ACTION ITEM:
Those lines of the records that contain "arith" are to be located and copied.

#### RECORDS TO USE ####

-- ===== src/PushConsumer/Sync.antt =====
-- The table of process queues after `syncProcessQueue` of PushConsumerImpl.cpp.
use rocketmq_client_cpp.Prelude.{
  if◌then◌else◌, All-append, All-map, ℕ, ◌≡◌, refl, true, not, ◌||◌, List, [], ◌∷◌, ◌++◌, any, All,
  arith, Bool-cases, inl, inr, is_empty,
}
use rocketmq_client_cpp.Prelude.Text.{Text, text_eq}
use rocketmq_client_cpp.Types.{MessageQueue, mq_eq, mq_eq_refl, FilterExpression}
use rocketmq_client_cpp.Queue.{init, expired}
use rocketmq_client_cpp.PushConsumer.{
  QueueTable, Settings, has_queue, is_assigned, drop_stale, get_or_create_process_queue,
  receive_message, start_missing, sync_process_queue,
}

has_queue-append :
    (q : MessageQueue) (xs ys : QueueTable)
    → has_queue q (xs ++ ys) ≡ (has_queue q xs || has_queue q ys)
has_queue-append q [] ys = refl
has_queue-append q (x ∷ xs) ys = ground (arith, has_queue-append q xs ys)

-- A queue that goes on is in the table that is left.
drop_stale-current :
    (topic : Text) (list : List MessageQueue) (now : ℕ) (table : QueueTable) (q : MessageQueue)
    → any (λ item. mq_eq item q) (drop_stale topic list now table).1 ≡ true
    → has_queue q (drop_stale topic list now table).0 ≡ true
unfolding drop_stale
drop_stale-current topic list now [] q h = h
drop_stale-current topic list now ((key, queue) ∷ table) q h =
    let rec = drop_stale-current topic list now table q in ground arith

receive-keeps :
    (s : Settings) (p q : MessageQueue) (filter : FilterExpression) (table : QueueTable)
    → has_queue q table ≡ true
    → has_queue q (receive_message s p filter table).0 ≡ true
unfolding receive_message get_or_create_process_queue
receive-keeps s p q filter table h =
    ground (arith, has_queue-append q table ((p, init p filter s.now) ∷ []))

receive-adds :
    (s : Settings) (q : MessageQueue) (filter : FilterExpression) (table : QueueTable)
    → s.active ≡ true
    → has_queue q (receive_message s q filter table).0 ≡ true
unfolding receive_message get_or_create_process_queue
receive-adds s q filter table active =
    ground (arith, has_queue-append q table ((q, init q filter s.now) ∷ []), mq_eq_refl q)

-- The table after one queue of the second loop.
abbrev next_table :
    Settings → FilterExpression → List MessageQueue → MessageQueue → QueueTable → QueueTable
next_table s filter current p table =
    if not (any (λ item. mq_eq item p) current) then (receive_message s p filter table).0 else table

next-keeps :
    (s : Settings) (filter : FilterExpression) (current : List MessageQueue) (p q : MessageQueue)
    (table : QueueTable)
    → has_queue q table ≡ true
    → has_queue q (next_table s filter current p table) ≡ true
next-keeps s filter current p q table h = elim (Bool-cases (any (λ item. mq_eq item p) current)) [
  | inl old ↦ rw old h
  | inr new ↦ rw new (receive-keeps s p q filter table h)
]

next-has :
    (s : Settings) (filter : FilterExpression) (current : List MessageQueue) (p : MessageQueue)
    (table : QueueTable)
    → s.active ≡ true
    → (any (λ item. mq_eq item p) current ≡ true → has_queue p table ≡ true)
    → has_queue p (next_table s filter current p table) ≡ true
next-has s filter current p table active h =
    elim (Bool-cases (any (λ item. mq_eq item p) current)) [
      | inl old ↦ rw old (h old)
      | inr new ↦ rw new (receive-adds s p filter table active)
    ]

start-keeps :
    (s : Settings) (filter : FilterExpression) (current list : List MessageQueue)
    (table : QueueTable) (q : MessageQueue)
    → has_queue q table ≡ true
    → has_queue q (start_missing s filter current list table).0 ≡ true
unfolding start_missing
start-keeps s filter current [] table q h = h
start-keeps s filter current (p ∷ list) table q h =
    start-keeps s filter current list (next_table s filter current p table) q
      (next-keeps s filter current p q table h)

start-has :
    (s : Settings) (filter : FilterExpression) (current list : List MessageQueue)
    (table : QueueTable)
    → s.active ≡ true
    → ((q : MessageQueue) → any (λ item. mq_eq item q) current ≡ true → has_queue q table ≡ true)
    → All (λ q. has_queue q (start_missing s filter current list table).0 ≡ true) list
unfolding start_missing
start-has s filter current [] table active h = tt
start-has s filter current (p ∷ list) table active h =
    let table' = next_table s filter current p table in
    (
      start-keeps s filter current list table' p (next-has s filter current p table active (h p)),
      start-has s filter current list table' active
          (λ q e. next-keeps s filter current p q table (h q e)),
    )

-- After a synchronisation of an active consumer every assigned queue has a process queue.
sync_process_queue-has :
    (s : Settings) (topic : Text) (list : List MessageQueue) (filter : FilterExpression)
    (table : QueueTable)
    → s.active ≡ true
    → All (λ q. has_queue q (sync_process_queue s topic list filter table).0 ≡ true) list
unfolding sync_process_queue
sync_process_queue-has s topic list filter table active =
    start-has s filter (drop_stale topic list s.now table).1 list
      (drop_stale topic list s.now table).0 active (drop_stale-current topic list s.now table)

-- The entries of the topic are of assigned queues.
abbrev pub Follows : Text → List MessageQueue → QueueTable → Type 0
Follows topic list =
    All λ entry. text_eq topic entry.0.topic ≡ true → is_assigned list entry.0 ≡ true

drop_stale-Follows :
    (topic : Text) (list : List MessageQueue) (now : ℕ) (table : QueueTable)
    → Follows topic list (drop_stale topic list now table).0
unfolding drop_stale
drop_stale-Follows topic list now [] = tt
drop_stale-Follows topic list now ((key, queue) ∷ table) =
    elim (Bool-cases (text_eq topic key.topic)) [
      | inr other ↦ rw other ((λ same. absurd cc), drop_stale-Follows topic list now table)
      | inl same ↦ elim (Bool-cases (is_assigned list key)) [
        | inr gone ↦ rw (same, gone) (drop_stale-Follows topic list now table)
        | inl assigned ↦ elim (Bool-cases (expired now queue)) [
          | inl old ↦ rw (same, assigned, old) (drop_stale-Follows topic list now table)
          | inr fresh ↦
              rw (same, assigned, fresh) ((λ e. assigned), drop_stale-Follows topic list now table)
        ]
      ]
    ]

created-Follows :
    (topic : Text) (whole : List MessageQueue) (s : Settings) (filter : FilterExpression)
    (p : MessageQueue) (table : QueueTable)
    → is_assigned whole p ≡ true
    → Follows topic whole table
    → Follows topic whole (get_or_create_process_queue s p filter table)
unfolding get_or_create_process_queue
created-Follows topic whole s filter p table a f = elim (Bool-cases (has_queue p table)) [
  | inl old ↦ rw old f
  | inr new ↦ rw new (All-append _ table ((p, init p filter s.now) ∷ []) f ((λ e. a), tt))
]

receive-Follows :
    (topic : Text) (whole : List MessageQueue) (s : Settings) (filter : FilterExpression)
    (p : MessageQueue) (table : QueueTable)
    → is_assigned whole p ≡ true
    → Follows topic whole table
    → Follows topic whole (receive_message s p filter table).0
unfolding receive_message get_or_create_process_queue
receive-Follows topic whole s filter p table a f = elim (Bool-cases s.active) [
  | inr off ↦ rw off f
  | inl on ↦ elim (Bool-cases (is_empty p.service_address)) [
    | inl void ↦ rw (on, void) (created-Follows topic whole s filter p table a f)
    | inr held ↦ rw (on, held) (created-Follows topic whole s filter p table a f)
  ]
]

next-Follows :
    (topic : Text) (whole : List MessageQueue) (s : Settings) (filter : FilterExpression)
    (current : List MessageQueue) (p : MessageQueue) (table : QueueTable)
    → is_assigned whole p ≡ true
    → Follows topic whole table
    → Follows topic whole (next_table s filter current p table)
next-Follows topic whole s filter current p table a f =
    elim (Bool-cases (any (λ item. mq_eq item p) current)) [
      | inl old ↦ rw old f
      | inr new ↦ rw new (receive-Follows topic whole s filter p table a f)
    ]

start-Follows :
    (topic : Text) (whole : List MessageQueue) (s : Settings) (filter : FilterExpression)
    (current list : List MessageQueue) (table : QueueTable)
    → All (λ p. is_assigned whole p ≡ true) list
    → Follows topic whole table
    → Follows topic whole (start_missing s filter current list table).0
unfolding start_missing
start-Follows topic whole s filter current [] table a f = f
start-Follows topic whole s filter current (p ∷ list) table a f =
    start-Follows topic whole s filter current list (next_table s filter current p table) a.1
      (next-Follows topic whole s filter current p table a.0 f)

is_assigned_self : (list : List MessageQueue) → All (λ p. is_assigned list p ≡ true) list
is_assigned_self [] = tt
is_assigned_self (q ∷ list) = (
  ground (arith, mq_eq_refl q),
  All-map (λ p. is_assigned list p ≡ true) (λ p. is_assigned (q ∷ list) p ≡ true)
      (λ p h. ground arith) list (is_assigned_self list),
)

-- After a synchronisation the entries of the topic in the table of process queues are of queues that
-- are assigned.
pub sync_process_queue-Follows :
    (s : Settings) (topic : Text) (list : List MessageQueue) (filter : FilterExpression)
    (table : QueueTable)
    → Follows topic list (sync_process_queue s topic list filter table).0
unfolding sync_process_queue
sync_process_queue-Follows s topic list filter table =
    start-Follows topic list s filter (drop_stale topic list s.now table).1 list
      (drop_stale topic list s.now table).0 (is_assigned_self list)
      (drop_stale-Follows topic list s.now table)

####

TASK ANSWER:
  arith, Bool-cases, inl, inr, is_empty,
has_queue-append q (x ∷ xs) ys = ground (arith, has_queue-append q xs ys)
    let rec = drop_stale-current topic list now table q in ground arith
    ground (arith, has_queue-append q table ((p, init p filter s.now) ∷ []))
    ground (arith, has_queue-append q table ((q, init q filter s.now) ∷ []), mq_eq_refl q)
  ground (arith, mq_eq_refl q),
      (λ p h. ground arith) list (is_assigned_self list),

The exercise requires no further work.